The debt service then would be around $13500 yr with less out of pocket and much higher cash flow per month( about double), with about the same amount of appreciation either way. This would also help you out with DTI when looking for your next loan to build your new home.
Good Luck,
Robert
from what I see the problem will be getting and keeping them rented.
Roberth--I am looking into the ARM you mentioned. Thanks for your suggestion.
CJ--How can you tell by looking at the numbers that it will be hard to keep them rented? There are a lot of casinos, Military bases and many other transient jobs that keep the rental market in pretty good shape where these units are.
Thank you everyone.
Roberth--I am confused. Do I figure the payments based off of the percent listed? Some places are quoting 1.25. Do I look at it like a regular loan just put 1.5 in the percentage column? That makes it interest only right? Anything I pay over goes to principal?
Thanks.
One way caprate has been explained to me is the "amount" one pays for a certain cashflow so a cap rate of 10, is paying less than a cap rate of 8. So the 8 would be higher risk.
Note that these can be reported as decimals (e.g. .10 and .08) so maybe that let to some confusion?
As a lender, when I see high cap rate deals..I first look to see why and hope that the investor found a good deal. But...when it is average for the neighborhood then it is usually a "higher risk area." Meaning that if I had to foreclose I would have to carry it for longer (marketing time). Thus higher risk for the lender but better for the real estate investor.
Hope that helps.
Normally capitalization rates nowadays are normally 7-10% in big cities and 9-12% elsewhere. ON AVERAGE, but there are always exceptions.
Sounds to me like you found a good deal but the negative voice in back of your head is giving you 1000 reasons not to move forward. As long as your credit is decent you can get a residential loan because you are not dealing with 5+ units. I need more information to refer you to the right place to start your investment career. All I know is you will not need 20% down to make this deal work trust me.

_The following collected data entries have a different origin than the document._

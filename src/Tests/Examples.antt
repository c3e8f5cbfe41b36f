-- ===== src/Tests/Examples.antt =====
-- The theorems at concrete inputs.
use katran.Base.{◌+◌, ◌/◌, ◌<◌, ◌≡◌, ◌≢◌, refl, arith, none, some, false, ap}
use katran.Structs.{empty_description}
use katran.Run.{State, done, fault}
use katran.Run.Bounds.{Leaves}
use katran.Xdp.{u16_at}
use katran.Csum.{csum_fold_helper}
use katran.Csum.Fold.{ones_sum, csum_fold_helper_lem}
use katran.Csum.Words.{words_sum}
use katran.Csum.Header.{IsChecked}
use katran.Consts.{ring_size, ch_rings_size}
use katran.Helpers.{decrement_ttl}
use katran.Helpers.Ttl.{IsAged, decrement_ttl-IsAged, decrement_ttl_wraps}
use katran.Encap.Headers.{create_v4_hdr}
use katran.Encap.Outer.{IsOuterV4, create_v4_hdr-IsOuterV4}
use katran.Parsing.{parse_quic, calc_offset}
use katran.Parsing.Quic.{parse_quic_short_lem, parse_quic_initial}
use katran.Kern.{balancer_ingress}
use katran.Kern.Bounds.{balancer_ingress-ne-fault}
use katran.Kern.Connections.{
  per_cpu, get_lru, get_packet_hash, is_under_flood, ring_key, ring_lookup, remember, use_real,
  source_key, key_of, use_key, choose_dst, get_packet_dst, connection_table_lookup,
}
use katran.Kern.Connections.Ring.{ring_key-in_ring}
use katran.Kern.Connections.Affinity.{Stores, get_packet_dst_affinity}
use katran.Kern.Connections.DportOnly.{OnlyEvicts, get_packet_dst_dport_only}
use katran.Tests.Fixtures.{
  kernel, config, syn_bytes, syn_packet, ttl_zero_bytes, quic_short_bytes, quic_long_bytes, state,
  packet, byte_of-lt, vip, real, flow_state, state_of, dport_vip,
}

-- The test's kernel meets the hypotheses on the connection table.
kernel-Stores : Stores kernel
kernel-Stores l f v = ground arith

kernel-OnlyEvicts : OnlyEvicts kernel
kernel-OnlyEvicts l f g v ne un = ground arith

flow_has_source : flow_state.pckt.flow.src.w0 ≢ 0
flow_has_source = omega arith

balancer_ingress-ne-fault_example : balancer_ingress config kernel (state syn_packet) ≢ fault
balancer_ingress-ne-fault_example = balancer_ingress-ne-fault config kernel (state syn_packet)

csum_fold_helper_lem_example :
    csum_fold_helper 0xfffffffffffffffe + ones_sum 0xfffffffffffffffe ≡ 65535
csum_fold_helper_lem_example = csum_fold_helper_lem 0xfffffffffffffffe (omega arith)

create_v4_hdr-IsOuterV4_example :
    Leaves
      (λ _ s'. IsOuterV4 14 8 0x10ac 0x200000a 40 4 syn_packet s'.xdp)
      (create_v4_hdr 14 8 0x10ac 0x200000a 40 4 (state syn_packet))
create_v4_hdr-IsOuterV4_example =
    create_v4_hdr-IsOuterV4 14 8 0x10ac 0x200000a 40 4 (state syn_packet) (byte_of-lt syn_bytes)
      (omega arith)

decrement_ttl-IsAged_example :
    Leaves
      (λ a s'. (a ≡ none) × IsAged 14 syn_packet s'.xdp)
      (decrement_ttl 14 false (state syn_packet))
unfolding words_sum u16_at
decrement_ttl-IsAged_example =
    decrement_ttl-IsAged 14 (state syn_packet) (byte_of-lt syn_bytes) (omega arith) (omega arith)
      refl

decrement_ttl_wraps_example :
    Leaves
      (λ a s'. (a ≡ none) × (s'.xdp.byte 22 ≡ 255) × ¬ (IsChecked s'.xdp 14))
      (decrement_ttl 14 false (state (packet ttl_zero_bytes)))
unfolding words_sum u16_at
decrement_ttl_wraps_example =
    decrement_ttl_wraps 14 (state (packet ttl_zero_bytes)) (byte_of-lt ttl_zero_bytes) (omega arith)
      refl refl

parse_quic_short_lem_example :
    parse_quic false (state (packet quic_short_bytes))
    ≡ done (some 1000) (state (packet quic_short_bytes))
unfolding calc_offset
parse_quic_short_lem_example =
    parse_quic_short_lem false 1000 (state (packet quic_short_bytes)) (byte_of-lt quic_short_bytes)
      (omega arith) (omega arith) (omega arith)
      (record { version_and_high = refl; middle = refl; low = refl })

parse_quic_initial_example :
    parse_quic false (state (packet (quic_long_bytes 0xc0)))
    ≡ done none (state (packet (quic_long_bytes 0xc0)))
unfolding calc_offset
parse_quic_initial_example =
    parse_quic_initial false (state (packet (quic_long_bytes 0xc0)))
      (byte_of-lt (quic_long_bytes 0xc0)) (omega arith) (omega arith)

ring_key-in_ring_example :
    (ring_key kernel empty_description vip false < ch_rings_size)
    × (ring_key kernel empty_description vip false / ring_size ≡ 1)
ring_key-in_ring_example = ring_key-in_ring kernel empty_description vip false (omega arith)

abbrev flooded : State
flooded = state_of (is_under_flood kernel flow_state)

abbrev chosen : State
chosen = state_of (get_packet_dst kernel config vip false (per_cpu 0) flow_state)

get_packet_dst_affinity_example :
    Leaves
      (λ r t'. (r ≡ some real) × (t'.pckt.real_index ≡ chosen.pckt.real_index))
      (connection_table_lookup kernel (per_cpu 0) chosen)
unfolding get_packet_dst is_under_flood choose_dst source_key key_of ring_lookup ring_key
    get_packet_hash use_key use_real remember
get_packet_dst_affinity_example =
    get_packet_dst_affinity kernel config vip false (per_cpu 0) 5000000000 real flow_state flooded
      chosen chosen kernel-Stores refl refl refl refl refl refl refl (omega arith)

get_packet_dst_dport_only_example :
    Leaves
      (λ _ t. get_lru (per_cpu 0) t.maps flow_state.pckt.flow ≡ none)
      (get_packet_dst kernel config dport_vip false (per_cpu 0) flow_state)
get_packet_dst_dport_only_example =
    get_packet_dst_dport_only kernel config dport_vip false (per_cpu 0) flow_state kernel-OnlyEvicts
      refl refl (λ e. flow_has_source (ap (λ a. a.w0) e)) refl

After posting this I did a bit more research and discovered that 5 is the magic number for commercial loans. I believe this is good news for me due to my limited down payment money. What types of things do I need to learn about this property that I may be missing? How do I workout mathematicaly if this makes sense? monthly income-loan payments-PMI-Tax-upkeep-some padding ?
Keith Martin
You need to find a calculator and start plugging in numbers.

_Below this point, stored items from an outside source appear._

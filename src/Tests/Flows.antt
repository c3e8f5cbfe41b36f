-- ===== src/Tests/Flows.antt =====
-- The theorems on ICMP at concrete inputs.
use katran.Base.{◌≡◌, refl, true, false, arith, inl}
use katran.Xdp.{Xdp, u16_at, u32_at}
use katran.Run.Bounds.{Leaves}
use katran.Kern.Flow.{
  IsPlainV4, IsErrorAbout, direct_flow, fresh, udp_flow, tcp_flow, udp_error_flow, tcp_error_flow,
  tcp_error_cut,
}
use katran.Kern.FlowV6.{IsErrorAboutV6, direct_flow_v6, udp_flow_v6, udp_error_flow_v6}
use katran.Base.{ℕ, List, ◌≢◌}
use katran.Run.{tx}
use katran.Csum.Fold.{ones_sum}
use katran.Csum.Words.{words_sum}
use katran.Icmp.{send_icmp_reply, send_icmp6_reply}
use katran.Icmp.Echo6.{IsEchoReply6, send_icmp6_reply-IsEchoReply6}
use katran.Icmp.EchoChecksum6.{send_icmp6_reply-words_sum, send_icmp6_reply_wraps}
use katran.Icmp.Echo.{IsEchoReply, send_icmp_reply-IsEchoReply}
use katran.Icmp.EchoChecksum.{send_icmp_reply-words_sum, send_icmp_reply_wraps}
use katran.Base.{◌+◌}
use katran.Tests.Fixtures.{
  echo_request_v6, echo_request, byte_of-lt, state, packet, syn_packet, quic_short_bytes, udp_error,
  tcp_error, udp_v6, udp_error_v6,
}

abbrev udp_packet : Xdp
udp_packet = packet quic_short_bytes

udp_packet-IsPlainV4 : IsPlainV4 udp_packet
unfolding u16_at
udp_packet-IsPlainV4 = record { no_options = refl; whole = refl }

syn_packet-IsPlainV4 : IsPlainV4 syn_packet
unfolding u16_at
syn_packet-IsPlainV4 = record { no_options = refl; whole = refl }

udp_error-IsErrorAbout : IsErrorAbout udp_packet (packet udp_error)
unfolding u16_at u32_at
udp_error-IsErrorAbout = record {
  outer = record { no_options = refl; whole = refl };
  is_icmp = refl;
  is_unreachable = refl;
  no_quoted_options = refl;
  same_proto = refl;
  from_receiver = refl;
  to_sender = refl;
  from_port = refl;
  to_port = refl;
}

tcp_error-IsErrorAbout : IsErrorAbout syn_packet (packet (tcp_error 16))
unfolding u16_at u32_at
tcp_error-IsErrorAbout = record {
  outer = record { no_options = refl; whole = refl };
  is_icmp = refl;
  is_unreachable = refl;
  no_quoted_options = refl;
  same_proto = refl;
  from_receiver = refl;
  to_sender = refl;
  from_port = refl;
  to_port = refl;
}

short_error-IsErrorAbout : IsErrorAbout syn_packet (packet (tcp_error 4))
unfolding u16_at u32_at
short_error-IsErrorAbout = record {
  outer = record { no_options = refl; whole = refl };
  is_icmp = refl;
  is_unreachable = refl;
  no_quoted_options = refl;
  same_proto = refl;
  from_receiver = refl;
  to_sender = refl;
  from_port = refl;
  to_port = refl;
}

udp_error_v6-IsErrorAboutV6 : IsErrorAboutV6 (packet udp_v6) (packet udp_error_v6)
unfolding u16_at u32_at
udp_error_v6-IsErrorAboutV6 = record {
  is_icmp = refl;
  is_error = inl refl;
  same_proto = refl;
  from_receiver = refl;
  to_sender = refl;
  from_port = refl;
  to_port = refl;
}

udp_error_flow_example :
    Leaves
      (λ ok t. (ok ≡ true) × (t.pckt.flow ≡ direct_flow udp_packet))
      (udp_flow (fresh (state syn_packet) udp_packet))
    × Leaves
        (λ ok t. (ok ≡ true) × (t.pckt.flow ≡ direct_flow udp_packet))
        (udp_flow (fresh (state syn_packet) (packet udp_error)))
udp_error_flow_example =
    udp_error_flow (state syn_packet) udp_packet (packet udp_error) (omega arith) (omega arith)
      udp_packet-IsPlainV4 refl udp_error-IsErrorAbout

tcp_error_flow_example :
    Leaves
      (λ ok t. (ok ≡ true) × (t.pckt.flow ≡ direct_flow syn_packet))
      (tcp_flow (fresh (state syn_packet) syn_packet))
    × Leaves
        (λ ok t. (ok ≡ true) × (t.pckt.flow ≡ direct_flow syn_packet))
        (tcp_flow (fresh (state syn_packet) (packet (tcp_error 16))))
tcp_error_flow_example =
    tcp_error_flow (state syn_packet) syn_packet (packet (tcp_error 16)) (omega arith) (omega arith)
      syn_packet-IsPlainV4 refl tcp_error-IsErrorAbout

tcp_error_cut_example :
    Leaves
      (λ ok t. (ok ≡ false) × (t.xdp ≡ packet (tcp_error 4)))
      (tcp_flow (fresh (state syn_packet) (packet (tcp_error 4))))
tcp_error_cut_example =
    tcp_error_cut (state syn_packet) syn_packet (packet (tcp_error 4)) (omega arith) (omega arith)
      refl short_error-IsErrorAbout

udp_error_flow_v6_example :
    Leaves
      (λ ok t. (ok ≡ true) × (t.pckt.flow ≡ direct_flow_v6 (packet udp_v6)))
      (udp_flow_v6 (fresh (state syn_packet) (packet udp_v6)))
    × Leaves
        (λ ok t. (ok ≡ true) × (t.pckt.flow ≡ direct_flow_v6 (packet udp_v6)))
        (udp_flow_v6 (fresh (state syn_packet) (packet udp_error_v6)))
udp_error_flow_v6_example =
    udp_error_flow_v6 (state syn_packet) (packet udp_v6) (packet udp_error_v6) (omega arith)
      (omega arith) refl udp_error_v6-IsErrorAboutV6

abbrev echo_bytes : List ℕ
echo_bytes = echo_request 0xf7 0xff 0 0

abbrev wrapping_bytes : List ℕ
wrapping_bytes = echo_request 0xfa 0xff 0xfc 0xff

send_icmp_reply-IsEchoReply_example :
    Leaves
      (λ a t. (a ≡ tx) × IsEchoReply (packet echo_bytes) t.xdp)
      (send_icmp_reply (state (packet echo_bytes)))
send_icmp_reply-IsEchoReply_example =
    send_icmp_reply-IsEchoReply (state (packet echo_bytes)) (byte_of-lt echo_bytes) (omega arith)
      refl

send_icmp_reply-words_sum_example :
    Leaves
      (λ _ t. words_sum 4 t.xdp 34 ≡ words_sum 4 (packet echo_bytes) 34)
      (send_icmp_reply (state (packet echo_bytes)))
unfolding u16_at
send_icmp_reply-words_sum_example =
    send_icmp_reply-words_sum 2 (state (packet echo_bytes)) (byte_of-lt echo_bytes) (omega arith)
      refl refl (omega arith)

send_icmp_reply_wraps_example :
    Leaves
      (λ _ t. ones_sum (words_sum 4 t.xdp 34) ≢ 65535)
      (send_icmp_reply (state (packet wrapping_bytes)))
unfolding u16_at words_sum
send_icmp_reply_wraps_example =
    send_icmp_reply_wraps 2 (state (packet wrapping_bytes)) (byte_of-lt wrapping_bytes)
      (omega arith) refl refl (omega arith) refl

abbrev echo_v6 : List ℕ
echo_v6 = echo_request_v6 0x12 0x34

abbrev zero_check_v6 : List ℕ
zero_check_v6 = echo_request_v6 0 0

send_icmp6_reply-IsEchoReply6_example :
    Leaves
      (λ a t. (a ≡ tx) × IsEchoReply6 (packet echo_v6) t.xdp)
      (send_icmp6_reply (state (packet echo_v6)))
send_icmp6_reply-IsEchoReply6_example =
    send_icmp6_reply-IsEchoReply6 (state (packet echo_v6)) (byte_of-lt echo_v6) (omega arith)

send_icmp6_reply-words_sum_example :
    Leaves
      (λ _ t. words_sum 4 t.xdp 54 ≡ words_sum 4 (packet echo_v6) 54)
      (send_icmp6_reply (state (packet echo_v6)))
unfolding u16_at
send_icmp6_reply-words_sum_example =
    send_icmp6_reply-words_sum 2 (state (packet echo_v6)) (byte_of-lt echo_v6) (omega arith) refl
      (omega arith)

send_icmp6_reply_wraps_example :
    Leaves
      (λ _ t. ones_sum (65407 + words_sum 4 t.xdp 54) ≢ 65535)
      (send_icmp6_reply (state (packet zero_check_v6)))
unfolding u16_at words_sum
send_icmp6_reply_wraps_example =
    send_icmp6_reply_wraps 2 65407 (state (packet zero_check_v6)) (byte_of-lt zero_check_v6)
      (omega arith) refl refl refl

However - If you do 100% financing you will lose money.
Between PI
Insurance (roughly 1200 - but get quaotes in your area)
Taxes (are you sure? who told you that number? look up yourself)

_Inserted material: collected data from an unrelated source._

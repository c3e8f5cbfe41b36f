-- ===== src/Tests/Forwarding.antt =====
-- The theorems on whole packets at concrete inputs.
use katran.Structs.{zero_address}
use katran.Encap.Headers.{create_v6_hdr}
use katran.Kern.TrafficClass.{tos_v6-create_v6_hdr}
use katran.Kern.L3.{tos_v6}
use katran.Base.{true, Option, ℕ, inr, ◌≡◌, refl, arith, none, some, false}
use katran.Run.{State}
use katran.Run.Bounds.{Leaves}
use katran.Xdp.{u16_at, u32_at}
use katran.Parsing.{calc_offset}
use katran.Kern.{balancer_ingress}
use katran.Kern.Passed.{balancer_ingress_pass}
use katran.Run.{load8, load16, load32}
use katran.Parsing.{parse_udp}
use katran.Kern.L3.{l3_v4, process_l3_headers}
use katran.Kern.Process.{find_vip, inline_ipip, inline_gue, parse_l4, process_packet, by_eth_proto}
use katran.Xdp.{Xdp}
use katran.Kernel.{AdjustLaws}
use katran.Encap.{pckt_encap_v4, pckt_encap_v6}
use katran.Encap.Payload.{Carries}
use katran.Encap.Taken.{GivesBack}
use katran.Encap.RoundTrip.{
  pckt_encap_v4-Carries, pckt_encap_v6-Carries, decap-encap_v4, decap-encap_v6, there_and_back_v4,
  there_and_back_v6,
}
use katran.Tests.Fixtures.{
  gue_config, source_state, maps, plain_config, kernel, config, syn_packet, quic_short_bytes, state,
  packet, real, state_of,
}

kernel-AdjustLaws : AdjustLaws kernel
kernel-AdjustLaws = record {
  out_len = λ n x y e. ground arith;
  out_byte = λ n x y i e lt. ground arith;
  in_len = λ n x y e. ground arith;
  in_byte = λ n x y i e lt. ground arith;
  tail_len = λ n x y e. ground arith;
  tail_byte = λ n x y i e lt. ground arith;
}

abbrev passed : State
passed = state_of (balancer_ingress plain_config kernel (state (packet quic_short_bytes)))

balancer_ingress_pass_example : (passed.xdp ≡ packet quic_short_bytes) × (passed.maps ≡ maps)
unfolding balancer_ingress by_eth_proto process_packet process_l3_headers l3_v4 inline_ipip parse_l4
    parse_udp inline_gue calc_offset find_vip load8 load16 load32 u16_at u32_at
balancer_ingress_pass_example =
    balancer_ingress_pass plain_config kernel (state (packet quic_short_bytes)) passed refl refl
      (inr refl)

abbrev with_room : ℕ → Xdp
with_room n = or_syn (kernel.adjust_head_out n syn_packet)
  where
    or_syn : Option Xdp → Xdp
    or_syn none = syn_packet
    or_syn (some x) = x

pckt_encap_v4-Carries_example :
    Leaves
      (λ ok t. (ok ≡ true) × Carries 20 syn_packet t.xdp)
      (pckt_encap_v4 kernel config (record { value = 0x060504030201 }) real 40 (state syn_packet))
pckt_encap_v4-Carries_example =
    pckt_encap_v4-Carries kernel kernel-AdjustLaws config (record { value = 0x060504030201 }) real
      40 (state syn_packet) (with_room 20) (omega arith) refl (λ gue. ground arith)

decap-encap_v4_example :
    Leaves
      (λ ok t. (ok ≡ true) × GivesBack 8 syn_packet t.xdp)
      (there_and_back_v4 kernel kernel-AdjustLaws config
        (record { value = 0x060504030201 })
        real
        40
        (state syn_packet))
decap-encap_v4_example =
    decap-encap_v4 kernel kernel-AdjustLaws config (record { value = 0x060504030201 }) real 40
      (state syn_packet) (with_room 20) (omega arith) refl (λ gue. ground arith)
      (λ z len. ground arith)

pckt_encap_v6-Carries_example :
    Leaves
      (λ ok t. (ok ≡ true) × Carries 48 syn_packet t.xdp)
      (pckt_encap_v6 kernel gue_config
        (record { value = 0x060504030201 })
        false
        real
        40
        source_state)
pckt_encap_v6-Carries_example =
    pckt_encap_v6-Carries kernel kernel-AdjustLaws gue_config (record { value = 0x060504030201 })
      real 40 false source_state (with_room 48) (omega arith) refl (λ gue. ground arith)

decap-encap_v6_example :
    Leaves
      (λ ok t. (ok ≡ true) × GivesBack 8 syn_packet t.xdp)
      (there_and_back_v6 kernel kernel-AdjustLaws gue_config
        (record { value = 0x060504030201 })
        real
        40
        false
        source_state)
decap-encap_v6_example =
    decap-encap_v6 kernel kernel-AdjustLaws gue_config (record { value = 0x060504030201 }) real 40
      false source_state (with_room 48) (omega arith) refl (λ gue. ground arith)
      (λ z len. ground arith)

tos_v6-create_v6_hdr_example :
    Leaves
      (λ _ t. tos_v6 (t.xdp.byte 14) (t.xdp.byte 15) ≡ 0xb8)
      (create_v6_hdr 14 0xb8 zero_address zero_address 40 4 (state syn_packet))
tos_v6-create_v6_hdr_example =
    tos_v6-create_v6_hdr 14 0xb8 zero_address zero_address 40 4 (state syn_packet) (omega arith)
      (omega arith)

PMI (unless you can come up with 20%)
mangement - you doing it yourself? a PM will be 10% of the rents
repairs, vacancy etc.
With 2600 max coming in - I think you will find you will be a little negative.
Thanks for the replies everyone
hoober- taxes are fairly low here but i put the number for one unit for both is around $2200. I would be managing myself.
pvm- I was planing on some type of 90/10 or other "no traditional" loan to help a little with the monthly nut. The rents are pretty well in line with the area. I could maybe get $50-100 more a month at the expense of running off some really great tenants. The quality of tenant and no vacancy is what attracted me to the property in the first place.
On whole I think hes asking to much to make this work for me right now. I going to try and get the price down a little and see what kinds of creative loans I can get.
Keith
It comes down to how much you put down at the type/interest rate.
I still think you will be a little negative.